All `csv` files containing model predictions are formatted in Pandas dataframes such that for one model, all predictions are contained in a single row. There are three columns with predictions, one for each model run named 'Preds_model1', 'Preds_model2' and 'Preds_model3'. For each run, the predictions are stored in a list of lists of prediction probabilities. The outer list has a length equal to the number of images predicted on, and the inner lists each have a length corresponding to the number of classes predicted on (either 4 tubes or 5 pathologies). The prediction files are created with the `_get_preds.py` scripts, and the `_predictions.ipynb` notebooks contains the code to load the files.
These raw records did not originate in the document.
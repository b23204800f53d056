-- ===== src/Kernel/Proc/Family/Shrink.antt =====
-- A table in which `waitpid` freed a zombie has a family again, as has one with a harmless change.
use os_ass.Base.{ℕ, ◌<◌, ◌≡◌, ◌≢◌, sym, ap, ◌∙◌, subst, true, false, none, some, nproc, arith}
use mathlib.Core.Bool.{true≢false}
use mathlib.Core.Option.{some-ne-none}
use os_ass.Kernel.Proc.{ProcState, unused, zombie, Proc, Table}
use os_ass.Kernel.Proc.Scan.{OthersKept, by_slot}
use os_ass.Kernel.Proc.Family.{alive, empty, Family, Tame}

-- Slot `i` held a zombie and is free.
pub record Reaped (i : ℕ) (t t' : Table) : Type 0 where
  pub zombie : (t.procs i).state ≡ zombie
  pub free : (t'.procs i).state ≡ unused
  pub parent : (t'.procs i).parent ≡ none
  pub pid : (t'.procs i).pid ≡ 0
  pub others : OthersKept i t t'
  pub nextpid : t'.nextpid ≡ t.nextpid
  pub initproc : t'.initproc ≡ t.initproc

pub Reaped-Family : {i : ℕ} {t t' : Table} → Family t → Reaped i t t' → Family t'
Reaped-Family {i} {t} {t'} f h = record {
  init_slot = omega (arith, h.initproc, f.init_slot);
  init_alive =
      subst (λ k. alive (t'.procs k).state ≡ true) (sym h.initproc)
        (still_alive t.initproc f.init_alive);
  parent_slot = λ k j l e. (line k j l e).0;
  parent_alive = λ k j l e. still_alive j (line k j l e).1;
  has_parent =
      by_slot i t t' h.others
        (λ m p. m < nproc → m ≢ t'.initproc → empty p.state ≡ false → p.parent ≢ none)
        (λ l n e. absurd (true≢false (sym (ap empty h.free) ∙ e)))
        (λ m ne l n e. f.has_parent m l (λ q. n (q ∙ sym h.initproc)) e);
  no_parent =
      by_slot i t t' h.others (λ m p. m < nproc → empty p.state ≡ true → p.parent ≡ none)
        (λ l e. h.parent) (λ m ne l e. f.no_parent m l e);
  pid_used =
      by_slot i t t' h.others (λ m p. m < nproc → p.pid < t'.nextpid)
        (λ l. omega (arith, h.pid, h.nextpid, f.pid_used t.initproc f.init_slot))
        (λ m ne l. omega (arith, f.pid_used m l, h.nextpid));
  pid_one = λ k m.
      by_slot i t t' h.others
        (λ a p.
          a < nproc
          → m < nproc
          → empty p.state ≡ false
          → empty (t'.procs m).state ≡ false
          → p.pid ≡ (t'.procs m).pid
          → a ≡ m)
        (λ l g e d s. absurd (true≢false (sym (ap empty h.free) ∙ e)))
        (λ a ne.
          by_slot i t t' h.others
            (λ b q.
              a < nproc
              → b < nproc
              → empty (t.procs a).state ≡ false
              → empty q.state ≡ false
              → (t.procs a).pid ≡ q.pid
              → a ≡ b)
            (λ l g e d s. absurd (true≢false (sym (ap empty h.free) ∙ d)))
            (λ b nb l g e d s. f.pid_one a b l g e d s) m)
        k;
}
  where
    still_alive : (k : ℕ) → alive (t.procs k).state ≡ true → alive (t'.procs k).state ≡ true
    still_alive k a =
        ap (λ p. alive p.state)
          (h.others k (λ e.
            true≢false (sym a ∙ ap (λ m. alive (t.procs m).state) (sym e) ∙ ap alive h.zombie)))
        ∙ a

    line :
        (k j : ℕ)
        → k < nproc
        → (t'.procs k).parent ≡ some j
        → (j < nproc) × (alive (t.procs j).state ≡ true)
    line k j =
        by_slot i t t' h.others
          (λ m p. m < nproc → p.parent ≡ some j → (j < nproc) × (alive (t.procs j).state ≡ true))
          (λ l e. absurd (some-ne-none j (sym e ∙ h.parent)))
          (λ m n l e. (f.parent_slot m j l e, f.parent_alive m j l e)) k

alive-empty : (s : ProcState) → alive s ≡ true → empty s ≡ false
alive-empty s h = ground (arith, h)

-- A living process that goes on living, under the same parent and pid.
pub living-Tame :
    {p q : Proc}
    → q.parent ≡ p.parent
    → q.pid ≡ p.pid
    → alive p.state ≡ true
    → alive q.state ≡ true
    → Tame p q
living-Tame {p} {q} e d a b = record {
  parent = e;
  pid = d;
  alive = b ∙ sym a;
  empty = alive-empty q.state b ∙ sym (alive-empty p.state a);
}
All prediction files are assumed to be located in a `Predictions` folder under their respective tasks.
## Software requirements
All scripts and notebooks were created with Python3 and the following packages.
* anaconda==2019.10
* conda==4.14.0
* jupyter==1.0.0
* keras==2.7.0
* keras-applications==1.0.8
* keras-preprocessing==1.1.2
* matplotlib==3.5.2
* numpy==1.21.6
* pandas==1.3.5
* python==3.7.4
* scikit-learn==1.0.2
* scipy==1.7.3
* seaborn==0.9.0
* sklearn==0.0
* tensorflow==2.7.0
The models were run using an NVIDIA GPU with availability kindly provided by the IT University of Copenhagen.